In the material below, find each line holding the string "ground" and copy it.

• Provided entries
_____

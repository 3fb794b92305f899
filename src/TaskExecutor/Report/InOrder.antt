-- ===== src/TaskExecutor/Report/InOrder.antt =====
-- The tasks one after the other, and the report of the failures against that.
use lunar_terrain_builder.Base.{
  ℕ, zero, suc, ◌≤◌, ◌<◌, ◌==◌, ◌≡◌, ◌⊎◌, inl, inr, ◌∙◌, refl, sym, ap, arith, Bool, true, false,
  Option, none, some, List, [], ◌∷◌, length, get_or, ltb, Bool-cases, if◌then◌else◌,
}
use lunar_terrain_builder.Error.{Error, Result, success, failure}
use lunar_terrain_builder.TaskExecutor.{
  Outcome, Worker, Shared, Run, Event, turn, cancel, cancelled_error, error_of, run_events, happen,
  advance, has_left, all_left, first_error, report,
}
use lunar_terrain_builder.TaskExecutor.Invariant.{outcome}

-- The tasks one after the other, up to the first that fails.
abbrev pub run_in_order : List Outcome → Result (Unit {0})
run_in_order [] = success tt
run_in_order (t ∷ tasks) = elim (error_of t) [ none ↦ run_in_order tasks | some e ↦ failure e ]

-- The caller asks the workers to stop.
abbrev pub asks : List Event → Bool
asks [] = false
asks (turn j ∷ events) = asks events
asks (cancel ∷ events) = true

has_left→ : (w : Worker) → has_left w ≡ true → w ≡ Worker.left
unfolding has_left
has_left→ Worker.left h = refl
has_left→ Worker.looping h = cc
has_left→ Worker.fetching h = cc
has_left→ (Worker.polling i) h = cc
has_left→ (Worker.calling i) h = cc
has_left→ (Worker.recording i e) h = cc
has_left→ Worker.stopping h = cc

pub all_left→ :
    (n : ℕ) (workers : ℕ → Worker)
    → all_left n workers ≡ true
    → (j : ℕ) → j < n
    → workers j ≡ Worker.left
unfolding all_left
all_left→ zero workers h j below = absurd (omega arith)
all_left→ (suc n) workers h j below = elim (Bool-cases (j == n)) [
  | inl same ↦ let e : j ≡ n = ground arith in ap workers e ∙ has_left→ (workers n) (ground arith)
  | inr other ↦ all_left→ n workers (ground arith) j (ground arith)
]

-- A turn does not touch the stop token of the caller.
pub advance-cancelled :
    (tasks : List Outcome) (w : Worker) (s : Shared) → (advance tasks w s).1.cancelled ≡ s.cancelled
unfolding advance
advance-cancelled tasks Worker.looping s = refl
advance-cancelled tasks Worker.fetching s = refl
advance-cancelled tasks (Worker.polling i) s = refl
advance-cancelled tasks (Worker.calling i) s = refl
advance-cancelled tasks (Worker.recording i e) s = refl
advance-cancelled tasks Worker.stopping s = refl
advance-cancelled tasks Worker.left s = refl

pub happen-cancelled :
    (tasks : List Outcome) (count j : ℕ) (r : Run)
    → (happen tasks count (turn j) r).shared.cancelled ≡ r.shared.cancelled
unfolding happen
happen-cancelled tasks count j r = elim (Bool-cases (ltb j count)) [
  | inl exists' ↦ rw exists' (advance-cancelled tasks (r.workers j) r.shared)
  | inr absent ↦ rw absent refl
]

pub run_events-cancelled :
    (tasks : List Outcome) (count : ℕ) (events : List Event) (r : Run)
    → asks events ≡ false
    → (run_events tasks count events r).shared.cancelled ≡ r.shared.cancelled
unfolding run_events
run_events-cancelled tasks count [] r h = refl
run_events-cancelled tasks count (turn j ∷ events) r h =
    run_events-cancelled tasks count events (happen tasks count (turn j) r) h
    ∙ happen-cancelled tasks count j r
run_events-cancelled tasks count (cancel ∷ events) r h = cc

-- Where the failures agree with what the tasks return up to a failure, the first error is the same.
pub first_error-run_in_order :
    (failures : List (Option Error)) (tasks : List Outcome) (next : ℕ)
    → length failures ≡ length tasks
    → ((i : ℕ) → i < next → i < length tasks → get_or failures i none ≡ outcome tasks i)
    → (length tasks ≤ next)
      ⊎ ((k : ℕ) × (e : Error) × (k < next) × (get_or failures k none ≡ some e))
    → elim (first_error failures) [ some e ↦ failure e | none ↦ success tt ] ≡ run_in_order tasks
unfolding first_error error_of
first_error-run_in_order [] [] next l agree enough = refl
first_error-run_in_order [] (t ∷ tasks) next l agree enough = absurd (omega arith)
first_error-run_in_order (f ∷ failures) [] next l agree enough = absurd (omega arith)
first_error-run_in_order (f ∷ failures) (t ∷ tasks) zero l agree (inl past) = absurd (omega arith)
first_error-run_in_order (f ∷ failures) (t ∷ tasks) zero l agree (inr (k, e, before, failed)) =
    absurd (omega arith)
first_error-run_in_order (some e ∷ failures) (t ∷ tasks) (suc next) l agree enough =
    let failed : error_of t ≡ some e = sym (agree 0 (omega arith) (omega arith)) in
    rw (failed, run_in_order) refl
first_error-run_in_order (none ∷ failures) (t ∷ tasks) (suc next) l agree enough =
    let fine : error_of t ≡ none = sym (agree 0 (omega arith) (omega arith)) in
    rw (fine, run_in_order)
      (first_error-run_in_order failures tasks next (omega arith)
        (λ i h t. agree (suc i) (omega arith) (omega arith)) (shifted enough))
  where
    shifted :
        (suc (length tasks) ≤ suc next)
          ⊎ ((k : ℕ) × (e : Error) × (k < suc next) × (get_or (none ∷ failures) k none ≡ some e))
        → (length tasks ≤ next)
          ⊎ ((k : ℕ) × (e : Error) × (k < next) × (get_or failures k none ≡ some e))
    shifted (inl past) = inl (omega arith)
    shifted (inr (zero, e, before, failed)) = absurd (none-some e failed)
      where
        none-some : (e : Error) → none ≡ some e → ⊥
        none-some e h = cc
    shifted (inr (suc k, e, before, failed)) = inr (k, e, omega arith, failed)

pub report_cases :
    (s : Shared) (result : Result (Unit {0}))
    → result ≡ report s
    → ((e : Error) × (first_error s.failures ≡ some e) × (result ≡ failure e))
      ⊎ (first_error s.failures ≡ none)
        × (result ≡ (if s.cancelled then failure cancelled_error else success tt))
unfolding report
report_cases s result h = ground arith

pub first_error-none :
    (failures : List (Option Error))
    → first_error failures ≡ none
    → (i : ℕ) → get_or failures i none ≡ none
unfolding first_error
first_error-none [] h i = refl
first_error-none (some e ∷ failures) h i = cc
first_error-none (none ∷ failures) h zero = refl
first_error-none (none ∷ failures) h (suc i) = first_error-none failures h i
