-- ===== src/TaskExecutor/Report.antt =====
-- What the call reports when the workers have left, for every interleaving of their turns.
pub mod InOrder
use lunar_terrain_builder.Base.{
  ℕ, zero, suc, ◌≤◌, ◌<◌, ◌==◌, ◌≡◌, ◌⊎◌, inl, inr, ◌∙◌, refl, sym, ap, subst, arith, Bool, true,
  false, Option, none, some, List, [], ◌∷◌, length, get_or, min, ltb, Bool-cases, if◌then◌else◌,
}
use lunar_terrain_builder.Error.{Error, Result, success, failure}
use lunar_terrain_builder.TaskExecutor.{
  Outcome, Worker, Shared, Run, Event, turn, cancel, cancelled_error, error_of, run_events, happen,
  advance, start, has_left, all_left, first_error, report, run_bounded_tasks,
}
use lunar_terrain_builder.TaskExecutor.Invariant.{
  index_of, slot, Failed, outcome, Settled, Claim, Inv,
}
use lunar_terrain_builder.TaskExecutor.Invariant.Kept.{start-Inv, run_events-Inv}
use lunar_terrain_builder.TaskExecutor.Report.InOrder.{
  run_in_order, asks, all_left→, run_events-cancelled, first_error-run_in_order, report_cases,
  first_error-none,
}

-- The workers have left: every task that was taken is settled, and if one was not, a failure is recorded.
module _ (tasks : List Outcome) (count : ℕ) (r : Run) (v : Inv tasks count r)
    (some_worker : 0 < count) (all : all_left count r.workers ≡ true) where
  pub settled : (i : ℕ) → i < r.shared.next_task → i < length tasks → Settled tasks r.shared i
  settled i h t = elim (v.accounted i h t) [
    | inl done ↦ done
    | inr (j, below, held) ↦
        absurd (idle (ap index_of (sym (all_left→ count r.workers all j below)) ∙ held))
  ]
    where
      idle : none ≡ some i → ⊥
      idle q = cc

  pub enough : (length tasks ≤ r.shared.next_task) ⊎ Failed r.shared
  enough =
      elim (subst (Claim tasks r.shared) (all_left→ count r.workers all 0 some_worker)
        (v.claims 0)) [ inl asked ↦ inr (v.sound.stopped asked) | inr past ↦ inl past ]

  -- Success: every task is called and has returned a value.
  pub success-all :
      success tt ≡ report r.shared
      → (i : ℕ) → i < length tasks
      → (r.shared.calls i ≡ 1) × (outcome tasks i ≡ none)
  success-all same i t = elim (report_cases r.shared (success tt) same) [
    | inl (x, found, wrong) ↦ cc
    | inr (clean, fine) ↦
        let empty = first_error-none r.shared.failures clean in
        let taken : length tasks ≤ r.shared.next_task = elim enough [
          | inl past ↦ past
          | inr (k, x, before, failed) ↦ cc (empty k, failed)
        ] in
        elim (settled i (omega arith) t) [
          | inl (called, recorded) ↦ (called, sym recorded ∙ empty i)
          | inr (asked, recorded) ↦ cc (empty i, recorded)
        ]
  ]

  -- No stop request: the report is that of the tasks in order.
  pub report-in_order : r.shared.cancelled ≡ false → report r.shared ≡ run_in_order tasks
  unfolding report
  report-in_order going =
      let agree : (i : ℕ)
          → i < r.shared.next_task
          → i < length tasks
          → slot r.shared i ≡ outcome tasks i =
        λ i h t. elim (settled i h t) [
          | inl (called, recorded) ↦ recorded
          | inr (asked, recorded) ↦ cc (asked, going)
        ] in
      rw going (
        first_error-run_in_order r.shared.failures tasks r.shared.next_task v.sound.sized agree
          enough)

start-cancelled : (tasks : List Outcome) → (start tasks).shared.cancelled ≡ false
unfolding start
start-cancelled tasks = refl

abbrev final : List Outcome → ℕ → List Event → Run
final tasks max_parallelism events =
    run_events tasks (min max_parallelism (length tasks)) events (start tasks)

final-Inv :
    (tasks : List Outcome) (p : ℕ) (events : List Event)
    → Inv tasks (min p (length tasks)) (final tasks p events)
final-Inv tasks p events =
    run_events-Inv tasks (min p (length tasks)) events (start tasks)
      (start-Inv tasks (min p (length tasks)))

-- Where the call returns, the workers have left, or there was no task.
run_bounded_tasks-some :
    (tasks : List Outcome) (p : ℕ) (events : List Event) (result : Result (Unit {0}))
    → 0 < p
    → run_bounded_tasks tasks p false events ≡ some result
    → (length tasks ≡ 0) × (result ≡ success tt)
      ⊎ (0 < min p (length tasks))
        × (all_left (min p (length tasks)) (final tasks p events).workers ≡ true)
        × (result ≡ report (final tasks p events).shared)
unfolding run_bounded_tasks
run_bounded_tasks-some tasks p events result h e = ground arith

-- However the turns of the workers interleave, a task is called at most once.
pub called_at_most_once :
    (tasks : List Outcome) (count : ℕ) (events : List Event) (i : ℕ)
    → (run_events tasks count events (start tasks)).shared.calls i ≤ 1
called_at_most_once tasks count events =
    (run_events-Inv tasks count events (start tasks) (start-Inv tasks count)).sound.counted

-- Where the call returns success, every task was called exactly once and returned a value, whether
-- or not the caller asked to stop.
pub success_complete :
    (tasks : List Outcome) (max_parallelism : ℕ) (events : List Event)
    → 0 < max_parallelism
    → run_bounded_tasks tasks max_parallelism false events ≡ some (success tt)
    → (i : ℕ) → i < length tasks
    → ((run_events tasks (min max_parallelism (length tasks)) events (start tasks)).shared.calls i
        ≡ 1)
      × (error_of (get_or tasks i Outcome.returned_value) ≡ none)
success_complete tasks p events h e i t =
    elim (run_bounded_tasks-some tasks p events (success tt) h e) [
      | inl (empty, fine) ↦ absurd (omega arith)
      | inr (some_worker, all, same) ↦
          success-all tasks (min p (length tasks)) (final tasks p events) (final-Inv tasks p events)
            some_worker all same i t
    ]

-- Without a stop request of the caller, what the call returns does not depend on the number of
-- workers or on the order of their turns: it is what running the tasks one after another returns,
-- up to the first that fails.
pub parallel-in_order :
    (tasks : List Outcome) (max_parallelism : ℕ) (events : List Event) (result : Result (Unit {0}))
    → 0 < max_parallelism
    → asks events ≡ false
    → run_bounded_tasks tasks max_parallelism false events ≡ some result
    → result ≡ run_in_order tasks
parallel-in_order tasks p events result h quiet e =
    elim (run_bounded_tasks-some tasks p events result h e) [
      | inl (empty, fine) ↦ fine ∙ sym (no_tasks tasks empty)
      | inr (some_worker, all, same) ↦
          let r = final tasks p events in
          let going =
            run_events-cancelled tasks (min p (length tasks)) events (start tasks) quiet
            ∙ start-cancelled tasks in
          same
          ∙ report-in_order tasks (min p (length tasks)) r (final-Inv tasks p events) some_worker
              all going
    ]
  where
    no_tasks : (ts : List Outcome) → length ts ≡ 0 → run_in_order ts ≡ success tt
    no_tasks [] q = refl
    no_tasks (t ∷ ts) q = absurd (omega arith)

_____

• Written answer
  | inl same ↦ let e : j ≡ n = ground arith in ap workers e ∙ has_left→ (workers n) (ground arith)
  | inr other ↦ all_left→ n workers (ground arith) j (ground arith)
report_cases s result h = ground arith
run_bounded_tasks-some tasks p events result h e = ground arith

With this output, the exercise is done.